Before we get to any of the heroics for toppling tyranny, there’s a lot of overlooking and complacency and tardy pearl-clutching and then defeat and and vilification of everyone different from the default norm of straight white men (and women) and yet more people not caring because they get to rely upon the comfort of their privilege and then pain and suffering for everyone, often even those who who cheered on their own disenfranchisement, and despair. I know Nazi Germany is everyone’s favorite cautionary tale to bring up in cases like these and that people grow tired of the stretched and forced parallels, but it can still be informative. Nazi Germany didn’t just happen. America under Trump (or for that matter much of the worst parts of American history) didn’t just happen. What comes next won’t just happen. It’s arguably already happening. And we have to decide how much we will let chip away before the gains we’ve made are snatched away in an instant.
So this time, when I heard that final question, “Who was he?” I focused a lot more on how much Edmond Dantes suffered to become the Count of Monte Cristo and how much his successful revenge scheme ultimately cost him, on the fact that Evey’s mother and father and brother are all long gone, on friends of mine who will be hit hardest by further erosion of liberties and vilification of intersectional diversity, including myself and those who stick by me. I thought, that could be me. It could be me. V—marginalized and cast out and rounded up and imprisoned and experimented upon and horribly disfigured—could be me. And to be honest, I feel a lot more like a Valerie than a V.

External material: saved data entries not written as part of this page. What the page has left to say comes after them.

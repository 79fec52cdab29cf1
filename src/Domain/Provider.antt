-- ===== src/Domain/Provider.antt =====
-- The interface `ProviderConfig` of internal/deployment/domain/provider.go, by its one
-- implementation, internal/deployment/infra/provider/docker/data.go.
use seelf.Prelude.{ℕ, String, Bool, Option, ◌==◌, Eq, String-discrete, ℕ_discrete, get_or}

-- `Data`. None of its optional values is ever unset, so they are `Option`.
pub record ProviderConfig : Type 0 where
  pub host : Option String
  pub port : Option ℕ
  pub user : Option String
  pub private_key : Option String

unfoldable pub ProviderConfig-discrete : Discrete ProviderConfig
ProviderConfig-discrete = hlevel (String-discrete, ℕ_discrete)

instance abbrev pub provider_config_eq : Eq ProviderConfig
provider_config_eq = record { dec = ProviderConfig-discrete }

unfoldable pub provider_kind : ProviderConfig → String
provider_kind c = "docker"

-- One provider for each host.
unfoldable pub fingerprint : ProviderConfig → String
fingerprint c = get_or c.host ""

unfoldable pub provider_equals : ProviderConfig → ProviderConfig → Bool
provider_equals c other = c == other
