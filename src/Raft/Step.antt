-- ===== src/Raft/Step.antt =====
-- A peer under its environment (src/raft/raft.go): each critical section is an event, and the order
-- of the events is free. `none` is a panic.
use mathlib.Core.Option
use mit_distribution.Base.{ℕ, Option, none, some, List, [], ◌∷◌}
use mit_distribution.Raft.State.{Raft, start_append, start_election, kill}
use mit_distribution.Raft.Vote.{
  RequestVoteArgs, RequestVoteReply, request_vote_reply, on_vote_reply,
}
use mit_distribution.Raft.Append.{
  RequestAppendEntriesArgs, RequestAppendEntriesReply, request_append_entries_reply,
}
use mit_distribution.Raft.Replicate.{on_append_reply, apply_next}

pub data Event (A : Type 0) : Type 0 where
  starts : (command : A) (term : ℕ) → Event A
  vote_asked : RequestVoteArgs → Event A
  vote_answered : RequestVoteArgs → RequestVoteReply → (votes : ℕ) → Event A
  append_asked : RequestAppendEntriesArgs A → Event A
  append_answered : (server : ℕ) → RequestAppendEntriesArgs A → RequestAppendEntriesReply → Event A
  applies : Event A
  times_out : Event A
  is_killed : Event A

module _ {A : Type 0} where
  unfoldable pub step : Event A → Raft A → Option (Raft A)
  step (starts command term) rf = some (start_append command term rf).0
  step (vote_asked args) rf = some (request_vote_reply args rf).0
  step (vote_answered args reply votes) rf = some (on_vote_reply args reply rf votes).0
  step (append_asked args) rf = some (request_append_entries_reply args rf).0
  step (append_answered server args reply) rf = on_append_reply server args reply rf
  step applies rf = Option.map (λ r. r.0) (apply_next rf)
  step times_out rf = some (start_election rf)
  step is_killed rf = some (kill rf)

  unfoldable pub run : List (Event A) → Raft A → Option (Raft A)
  run [] rf = some rf
  run (ev ∷ evs) rf = elim (step ev rf) [ none ↦ none | some rf' ↦ run evs rf' ]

But even still, just like she says in her letters to anyone who would read them, “I love you.” I still believe, despite all evidence to the contrary, that people are inherently good. I want to do what I can to embody love and invest in what Richard Rohr calls the “original goodness” of them and all things (“original sin” is an invention of St. Augustine’s in the fifth century, it’s not in the Bible and definitely not real!) through my actions, how I see and treat others who are different from me as fellow image-bearers of the divine, if you’ll allow the theological phrasing. So I want to throw what very little weight I have around to try and fight off all of these acts of hate I’ve discussed at length here. I can only hope and pray that enough of you, especially with a lot more privilege than I have, love me too and want to do something about it. Otherwise marginalized people like (and unlike) me will be the first to pay the price of how much worse things could—at first incrementally and then dramatically—get while we continue to tell ourselves and others, “stop overreacting, don’t be hyperbolic, aren’t you being dramatic?” Valeries like me will disappear and die, and V won’t be there to save us.
I know I said near the beginning of this blog post that I consider myself an optimist and a lot of this sounds rather pessimistic. But I do need something to be optimistic about (and don’t patronize me), before the next Fifth of November comes too late.